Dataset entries

■ ■ ■ ■

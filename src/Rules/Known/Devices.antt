-- ===== src/Rules/Known/Devices.antt =====
-- Every finding of the engine for GPUs, machine learning and caches.
use devdiag.Schema.{CollectorResult}
use devdiag.Rules.Host.{given}
use devdiag.Rules.Hardware.Caches.{
  cache_tools, cache_findings, root_owned_caches, unwritable_caches,
}
use devdiag.Rules.Hardware.{
  all_evidence, evaluate_hardware, docker_gpu_findings, learning_findings, gpu_findings,
}
use devdiag.Base.{String, List, Bool, [], ◌∷◌, true, ◌≡◌, refl, has_prefix, to_upper, all}
use devdiag.Base.Text.Split.{split, has_text, joined}
use devdiag.Domain.{find_domain_by_finding_id, sorted_prefix_mappings}
use devdiag.Fix.Blocklist.{is_blocked_template, is_blocked_bin, base_name, is_blocked_arg}
use devdiag.Fix.Registry.{lookup, new_registry, register, register_all, store}
use devdiag.Base.Lists.{All, all→All}
use devdiag.Rules.Known.{
  Finding, has_domain, has_template, known, AreKnown, one_known, none_known, branch, ◌and◌,
}

gpu_ids :
    All
      (λ id. has_domain id ≡ true)
      ("F-GPU-001" ∷ "F-GPU-002" ∷ "F-ML-PYTORCH-001" ∷ "F-ML-PYTORCH-002" ∷ "F-ML-TF-001"
        ∷ "F-ML-JAX-001" ∷ "F-DOCKER-GPU-001" ∷ "F-DOCKER-GPU-002" ∷ [])
unfolding has_domain find_domain_by_finding_id sorted_prefix_mappings to_upper has_prefix
gpu_ids =
    all→All has_domain
      ("F-GPU-001" ∷ "F-GPU-002" ∷ "F-ML-PYTORCH-001" ∷ "F-ML-PYTORCH-002" ∷ "F-ML-TF-001"
        ∷ "F-ML-JAX-001" ∷ "F-DOCKER-GPU-001" ∷ "F-DOCKER-GPU-002" ∷ [])
      refl

cache_ids : All (λ id. has_domain id ≡ true) ("F-CACHE-001" ∷ "F-CACHE-002" ∷ "F-CACHE-003" ∷ [])
unfolding has_domain find_domain_by_finding_id sorted_prefix_mappings to_upper has_prefix
cache_ids = all→All has_domain ("F-CACHE-001" ∷ "F-CACHE-002" ∷ "F-CACHE-003" ∷ []) refl

install_nvidia_driver_template : all has_template ("install-nvidia-driver" ∷ []) ≡ true
unfolding has_template lookup new_registry register_all register store is_blocked_template
    is_blocked_bin base_name is_blocked_arg split has_text joined has_prefix
install_nvidia_driver_template = refl

disable_secure_boot_or_sign_module_template :
    all has_template ("disable-secure-boot-or-sign-module" ∷ []) ≡ true
unfolding has_template lookup new_registry register_all register store is_blocked_template
    is_blocked_bin base_name is_blocked_arg split has_text joined has_prefix
disable_secure_boot_or_sign_module_template = refl

install_pytorch_cuda_template : all has_template ("install-pytorch-cuda" ∷ []) ≡ true
unfolding has_template lookup new_registry register_all register store is_blocked_template
    is_blocked_bin base_name is_blocked_arg split has_text joined has_prefix
install_pytorch_cuda_template = refl

check_nvidia_driver_template : all has_template ("check-nvidia-driver" ∷ []) ≡ true
unfolding has_template lookup new_registry register_all register store is_blocked_template
    is_blocked_bin base_name is_blocked_arg split has_text joined has_prefix
check_nvidia_driver_template = refl

install_tensorflow_gpu_template : all has_template ("install-tensorflow-gpu" ∷ []) ≡ true
unfolding has_template lookup new_registry register_all register store is_blocked_template
    is_blocked_bin base_name is_blocked_arg split has_text joined has_prefix
install_tensorflow_gpu_template = refl

install_jax_cuda_template : all has_template ("install-jax-cuda" ∷ []) ≡ true
unfolding has_template lookup new_registry register_all register store is_blocked_template
    is_blocked_bin base_name is_blocked_arg split has_text joined has_prefix
install_jax_cuda_template = refl

install_nvidia_toolkit_template : all has_template ("install-nvidia-toolkit" ∷ []) ≡ true
unfolding has_template lookup new_registry register_all register store is_blocked_template
    is_blocked_bin base_name is_blocked_arg split has_text joined has_prefix
install_nvidia_toolkit_template = refl

fix_cache_permissions_template : all has_template ("fix-cache-permissions" ∷ []) ≡ true
unfolding has_template lookup new_registry register_all register store is_blocked_template
    is_blocked_bin base_name is_blocked_arg split has_text joined has_prefix
fix_cache_permissions_template = refl

warn_docker_cleanup_template : all has_template ("warn-docker-cleanup" ∷ []) ≡ true
unfolding has_template lookup new_registry register_all register store is_blocked_template
    is_blocked_bin base_name is_blocked_arg split has_text joined has_prefix
warn_docker_cleanup_template = refl

given-AreKnown :
    (b : Bool) (f : Finding)
    → has_domain f.id ≡ true
    → all has_template f.fix_hints ≡ true
    → AreKnown (given b f)
given-AreKnown b f h k = branch b (one_known (known f h k)) none_known

gpu-AreKnown : (m : List (String × String)) → AreKnown (gpu_findings m)
unfolding gpu_findings
gpu-AreKnown m =
    given-AreKnown _ _ gpu_ids.0 install_nvidia_driver_template
    and given-AreKnown _ _ gpu_ids.1.0 disable_secure_boot_or_sign_module_template

learning-AreKnown : (m : List (String × String)) → AreKnown (learning_findings m)
unfolding learning_findings
learning-AreKnown m =
    given-AreKnown _ _ gpu_ids.1.1.0 install_pytorch_cuda_template
    and (given-AreKnown _ _ gpu_ids.1.1.1.0 check_nvidia_driver_template
        and (given-AreKnown _ _ gpu_ids.1.1.1.1.0 install_tensorflow_gpu_template
            and given-AreKnown _ _ gpu_ids.1.1.1.1.1.0 install_jax_cuda_template))

docker_gpu-AreKnown : (m : List (String × String)) → AreKnown (docker_gpu_findings m)
unfolding docker_gpu_findings
docker_gpu-AreKnown m =
    given-AreKnown _ _ gpu_ids.1.1.1.1.1.1.0 install_nvidia_toolkit_template
    and given-AreKnown _ _ gpu_ids.1.1.1.1.1.1.1.0 install_nvidia_toolkit_template

unwritable-AreKnown :
    (m : List (String × String)) (ts : List String) → AreKnown (unwritable_caches m ts)
unfolding unwritable_caches
unwritable-AreKnown m [] = none_known
unwritable-AreKnown m (t ∷ ts) =
    given-AreKnown _ _ cache_ids.0 fix_cache_permissions_template and unwritable-AreKnown m ts

root_owned-AreKnown :
    (m : List (String × String)) (ts : List String) → AreKnown (root_owned_caches m ts)
unfolding root_owned_caches
root_owned-AreKnown m [] = none_known
root_owned-AreKnown m (t ∷ ts) =
    given-AreKnown _ _ cache_ids.1.0 fix_cache_permissions_template and root_owned-AreKnown m ts

cache-AreKnown : (m : List (String × String)) → AreKnown (cache_findings m)
unfolding cache_findings
cache-AreKnown m =
    unwritable-AreKnown m cache_tools
    and (root_owned-AreKnown m cache_tools
        and given-AreKnown _ _ cache_ids.1.1.0 warn_docker_cleanup_template)

pub hardware-AreKnown : (cs : List CollectorResult) → AreKnown (evaluate_hardware cs)
unfolding evaluate_hardware
hardware-AreKnown cs =
    let m = all_evidence [] cs in
    gpu-AreKnown m and (learning-AreKnown m and (docker_gpu-AreKnown m and cache-AreKnown m))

■ ■ ■ ■

> WHAT YOU HAVE TO DO:
Show all lines in the entries above where the word "Bool" appears.

> EXERCISE SOLUTION:
use devdiag.Base.{String, List, Bool, [], ◌∷◌, true, ◌≡◌, refl, has_prefix, to_upper, all}
    (b : Bool) (f : Finding)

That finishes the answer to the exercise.